In this year of race riots, of black triumphalism and white abasement, it would at first thought seem strange that a writer whose theme was black liberation should be so soon forgotten. Nadine Gordimer died only six years ago, at the age of ninety. She had been much honoured in her time. Her output was prodigious, yet most of her books are now out of print. Today the only bound edition of what was generally acknowledged to be her greatest—and certainly her longest and most ambitious—novel, A Guest of Honour, to be found for sale first-hand from the bookselling giant Amazon in America, is the Chinese translation.

       In her native land, South Africa, to which she brought home numerous awards from an applauding literary world, including its highest accolade the Nobel Prize, there is at the time of this writing no memorial to her. No street, no square, no building, no university institute or professorial chair, not even a literary prize is named after her. There is no commemorating plaque on the house she lived and wrote in for most of her long life, and there are no known plans by the political party now in power—of which she had been a loyal member in its years of struggle—to make the house itself a state-owned museum dedicated to her memory.  

       On second thoughts, however, it is not strange at all. The cause of the rioters in America and Britain is anti-white. Their claim is that only black lives matter, and in South Arica, where blacks had been subjected longest to oppressive white rule, most blacks—a huge majority—passionately support them. There, as in America, statues of historical figures are being toppled and destroyed. There is no place of honour for a white writer. Her whiteness alone condemns her. In addition, she was—however much against her will and even if positively to her distaste—Jewish; and to the insurgents, Jews are an extra bad section of the whites. Not only do their lives not matter, they are more offensive than the rest.

       It is of no importance to the present “Black Lives Matter” movement that more Jews than any other whites helped to liberate the blacks of South Africa. They served their cause as lawyers, doctors, writers, teachers, clergy, politicians. Many were exiled, many imprisoned, some killed for it. But why should they be specially acknowledged? They lived the privileged lives that all whites lived. Whatever their reasons were for doing what they did—whether they acted out of guilty conscience, political idealism, religious conviction, moral hubris or sincere humanitarian concern—their choices put no obligation on those they served.  

       Almost to a man or woman, they were on the Left. Those who had the most influence on the black leadership, who advised the use of terrorism and actively formed the most effective terrorist organization, were devout Communists.

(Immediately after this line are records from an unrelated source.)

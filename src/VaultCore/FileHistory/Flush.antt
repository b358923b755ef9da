-- ===== src/VaultCore/FileHistory/Flush.antt =====
-- `flushFileHistory`, `moveFileHistory` and `moveFolderHistory`: pending versions become commits.
-- The sort by time is an argument.
pub mod Commits
use kb_1_daemon.Prelude.{
  ℕ, ◌+◌, Bool, true, false, not, ◌&&◌, List, [], ◌∷◌, ◌++◌, map, Option, none, some, Text, text,
  text_eq, length, any, join, split, ◌==◌, if◌then◌else◌, Result, ok, err,
}
use mathlib.Core.List.{reverse}
use kb_1_daemon.VaultCore.Path.{
  Platform, VaultPathKind, file, folder, slash, InvalidPathError, validate_vault_path,
}
use kb_1_daemon.VaultCore.FileHistory.{
  VaultActor, FileHistoryOperation, move, rename, FileHistoryEntry, PendingHistoryEntry, Host,
}
use kb_1_daemon.VaultCore.FileHistory.Pending.{
  PendingHistoryMap, set_pending, delete_pending, RecordFileHistoryInput, WindowMs, milliseconds,
  or_unknown, record_file_history,
}
use kb_1_daemon.VaultCore.FileHistory.Git.{
  Command, run_git, Outcome, Io, carry, ◌>>=◌, ◌>>◌, give, gitignore_relative_path, command,
  has_staged_changes, ensure_git_repository, commit_pending_entry, commit_history_entry,
}

-- How a call ends: with a value, with the answer that a path is invalid, or with what it throws.
pub data Ended (A : Type 0) : Type 0 where
  value : A → Ended A
  refuses throws_path : InvalidPathError → Ended A
  throws_git : Ended A

pub data Flushed : Type 0 where
  flushed : ℕ → Flushed
  unavailable : Flushed

pub record History (W : Type 0) : Type 0 where
  pub world : W
  pub pending : PendingHistoryMap
  pub git_ready : Bool

abbrev pub Selected : Type 0
Selected = List (Text × PendingHistoryEntry)

unfoldable pub validate_all : Platform → List Text → Result InvalidPathError (List Text)
validate_all platform [] = ok []
validate_all platform (path ∷ paths) = elim (validate_vault_path platform path file) [
  | err e ↦ err e
  | ok rel ↦ elim (validate_all platform paths) [ err e ↦ err e | ok rels ↦ ok (rel ∷ rels) ]
]

abbrev pub is_selected : Option (List Text) → PendingHistoryEntry → Bool
is_selected none entry = true
is_selected (some paths) entry = any (text_eq entry.path) paths

abbrev pub keep_selected : Option (List Text) → PendingHistoryMap → Selected
keep_selected paths [] = []
keep_selected paths ((key, entry) ∷ pending) =
    let later = keep_selected paths pending in
    if is_selected paths entry then (key, entry) ∷ later else later

-- `path.posix.dirname` of a relative path.
unfoldable pub posix_dirname : Text → Text
posix_dirname path = elim (reverse (split slash path)) [
  | [] ↦ text "."
  | ◌∷◌ last parents ↦ elim parents [ [] ↦ text "." | ◌∷◌ p ps ↦ join slash (reverse (p ∷ ps)) ]
]

unfoldable pub move_operation_for_paths : Text → Text → FileHistoryOperation
unfolding posix_dirname
move_operation_for_paths from to =
    if text_eq (posix_dirname from) (posix_dirname to) then rename else move

abbrev pub checked_paths :
    Platform → Option (List Text) → Result InvalidPathError (Option (List Text))
checked_paths platform none = ok none
checked_paths platform (some paths) = elim (validate_all platform paths) [
  | err e ↦ err e
  | ok rels ↦ ok (some rels)
]

module _ {W : Type 0} (exec : W → Command → W × Outcome) (h : Host) (random_id : Text → Text)
    (platform : Platform) (sort : Selected → Selected) where
  unfoldable pub select_pending_entries :
      PendingHistoryMap → Option (List Text) → Result InvalidPathError Selected
  unfolding validate_all
  select_pending_entries pending paths = elim (checked_paths platform paths) [
    | err e ↦ err e
    | ok checked ↦ ok (sort (keep_selected checked pending))
  ]

  -- What is left of the pending versions when the loop ends or throws, and the count.
  abbrev pub LoopEnd : Type 0
  LoopEnd = W × PendingHistoryMap × Option ℕ

  abbrev pub after_commit : W × Option (Unit {0}) → PendingHistoryMap → (W → LoopEnd) → LoopEnd
  after_commit (w, none) pending again = (w, pending, none)
  after_commit (w, some done) pending again = again w

  unfoldable pub flush_loop : Option ℕ → Selected → ℕ → PendingHistoryMap → W → LoopEnd
  flush_loop now [] count pending w = (w, pending, some count)
  flush_loop now ((key, entry) ∷ selected) count pending w =
      after_commit (commit_pending_entry exec h random_id entry now w) pending
        (flush_loop now selected (count + 1) (delete_pending key pending))

  abbrev pub loop_result : Option ℕ → Ended Flushed
  loop_result none = throws_git
  loop_result (some count) = value (flushed count)

  abbrev pub ended_loop : LoopEnd → History W × Ended Flushed
  ended_loop (w, pending, count) =
      (record { world = w; pending = pending; git_ready = true }, loop_result count)

  abbrev pub flush_if_ready :
      Option ℕ → Selected → PendingHistoryMap → W × Bool → History W × Ended Flushed
  flush_if_ready now selected pending (w, false) =
      (record { world = w; pending = pending; git_ready = false }, value unavailable)
  flush_if_ready now selected pending (w, true) = ended_loop (flush_loop now selected 0 pending w)

  abbrev pub flush_selected :
      Option ℕ → History W → Result InvalidPathError Selected → History W × Ended Flushed
  flush_selected now s (err e) = (s, throws_path e)
  flush_selected now s (ok []) = (s, value (flushed 0))
  flush_selected now s (ok (e ∷ selected)) =
      flush_if_ready now (e ∷ selected) s.pending
        (ensure_git_repository exec h random_id s.git_ready s.world)

  unfoldable pub flush_file_history :
      Option (List Text) → Option ℕ → History W → History W × Ended Flushed
  flush_file_history paths now s = flush_selected now s (select_pending_entries s.pending paths)

  -- The first pending version of the path with the id is marked with where it comes from.
  unfoldable pub mark_from : Text → Text → Text → PendingHistoryMap → PendingHistoryMap
  mark_from to id from [] = []
  mark_from to id from ((key, entry) ∷ pending) =
      let later = mark_from to id from pending in
      if text_eq entry.path to && text_eq entry.id id
      then (key, record entry { from_path = some from }) ∷ pending
      else (key, entry) ∷ later

  abbrev pub with_flush :
      FileHistoryEntry → History W × Ended Flushed → History W × Ended FileHistoryEntry
  with_flush recorded (s, value v) = (s, value recorded)
  with_flush recorded (s, refuses e) = (s, refuses e)
  with_flush recorded (s, throws_path e) = (s, throws_path e)
  with_flush recorded (s, throws_git) = (s, throws_git)

  abbrev pub flush_moved :
      Text
      → Text
      → ℕ
      → History W
      → PendingHistoryMap × Result InvalidPathError FileHistoryEntry
      → History W × Ended FileHistoryEntry
  flush_moved from to now s (pending, err e) = (record s { pending = pending }, refuses e)
  flush_moved from to now s (pending, ok recorded) = with_flush recorded (
      flush_file_history (some (to ∷ [])) (some now)
        (record s { pending = mark_from to recorded.id from pending }))

  abbrev pub both_paths : VaultPathKind → Text → Text → Result InvalidPathError (Text × Text)
  both_paths kind from to = elim (validate_vault_path platform from kind) [
    | err e ↦ err e
    | ok a ↦ elim (validate_vault_path platform to kind) [ err e ↦ err e | ok b ↦ ok (a, b) ]
  ]

  abbrev pub move_recorded :
      RecordFileHistoryInput
      → History W
      → Result InvalidPathError (Text × Text)
      → History W × Ended FileHistoryEntry
  move_recorded input s (err e) = (s, refuses e)
  move_recorded input s (ok (from, to)) = flush_moved from to input.now s (
      record_file_history h platform
        (record input {
          path = to;
          operation = move_operation_for_paths from to;
          coalesce_window_ms = some (milliseconds 0);
        })
        s.pending)

  -- The input has the path that the note is moved to.
  unfoldable pub move_file_history :
      Text → RecordFileHistoryInput → History W → History W × Ended FileHistoryEntry
  unfolding flush_file_history mark_from
  move_file_history from_path input s = move_recorded input s (both_paths file from_path input.path)

  -- The entry that stands for the move of a folder.
  abbrev pub folder_move : Text → Text → Option VaultActor → ℕ → PendingHistoryEntry
  folder_move from to actor now = record {
    id = text "folder-move-" ++ random_id to;
    path = to;
    from_path = some from;
    operation = move;
    bucket_start = h.iso now;
    created_at = h.iso now;
    updated_at = h.iso now;
    content = [];
    size = 0;
    content_hash = [];
    content_hash_format = none;
    contributors = or_unknown actor ∷ [];
  }

  abbrev pub commit_if_changed : Text → Text → Option VaultActor → ℕ → Bool → Io W ℕ
  commit_if_changed from to actor now false = give 0
  commit_if_changed from to actor now true = do
    command exec h random_id (run_git (text "add" ∷ text "--" ∷ gitignore_relative_path ∷ []))
    commit_history_entry exec h random_id (folder_move from to actor now) (some now)
    give 1

  unfoldable pub stage_folder_move : Text → Text → Option VaultActor → ℕ → Io W ℕ
  stage_folder_move from to actor now = do
    command exec h random_id (
        run_git (
          text "rm"
          ∷ text "-r"
          ∷ text "--cached"
          ∷ text "--ignore-unmatch"
          ∷ text "--"
          ∷ from
          ∷ []))
    command exec h random_id (run_git (text "add" ∷ text "-A" ∷ text "--" ∷ to ∷ []))
    changed ← has_staged_changes exec h random_id (from ∷ to ∷ [])
    commit_if_changed from to actor now changed

  abbrev pub ended_move : PendingHistoryMap → W × Option ℕ → History W × Ended Flushed
  ended_move pending (w, count) =
      (record { world = w; pending = pending; git_ready = true }, loop_result count)

  abbrev pub move_if_ready :
      Text → Text → Option VaultActor → ℕ → PendingHistoryMap → W × Bool → History W × Ended Flushed
  move_if_ready from to actor now pending (w, false) =
      (record { world = w; pending = pending; git_ready = false }, value unavailable)
  move_if_ready from to actor now pending (w, true) =
      ended_move pending (stage_folder_move from to actor now w)

  abbrev pub move_folder_if_valid :
      Option VaultActor
      → ℕ
      → History W
      → Result InvalidPathError (Text × Text)
      → History W × Ended Flushed
  move_folder_if_valid actor now s (err e) = (s, refuses e)
  move_folder_if_valid actor now s (ok (from, to)) =
      move_if_ready from to actor now s.pending
        (ensure_git_repository exec h random_id s.git_ready s.world)

  unfoldable pub move_folder_history :
      Text → Text → Option VaultActor → ℕ → History W → History W × Ended Flushed
  unfolding stage_folder_move
  move_folder_history from_path to_path actor now s =
      move_folder_if_valid actor now s (both_paths folder from_path to_path)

And so, de facto, was Nadine Gordimer, though she called herself a radical rather than a Communist. She did not join the Communist Party. But the African National Congress, which she did join, was its ideological twin. She was as unquestioningly on the Left as are most Jews in the Western world. To them, the Left is the side of compassion for the wretched of the earth. They apparently feel not so much for the wretched, past or present, of Russia, Eastern Europe, China, Cambodia, North Korea, Cuba.

       It is possible of course that in the future Nadine Gordimer will again be given the recognition that the quality of her fiction deserves. If her success and fame, the honours that were heaped on her, were granted in her lifetime chiefly because she wrote about the injustice suffered by blacks under white domination, perhaps when her books are rediscovered and her name resurrected, the appreciation accorded her will be more justly for her art.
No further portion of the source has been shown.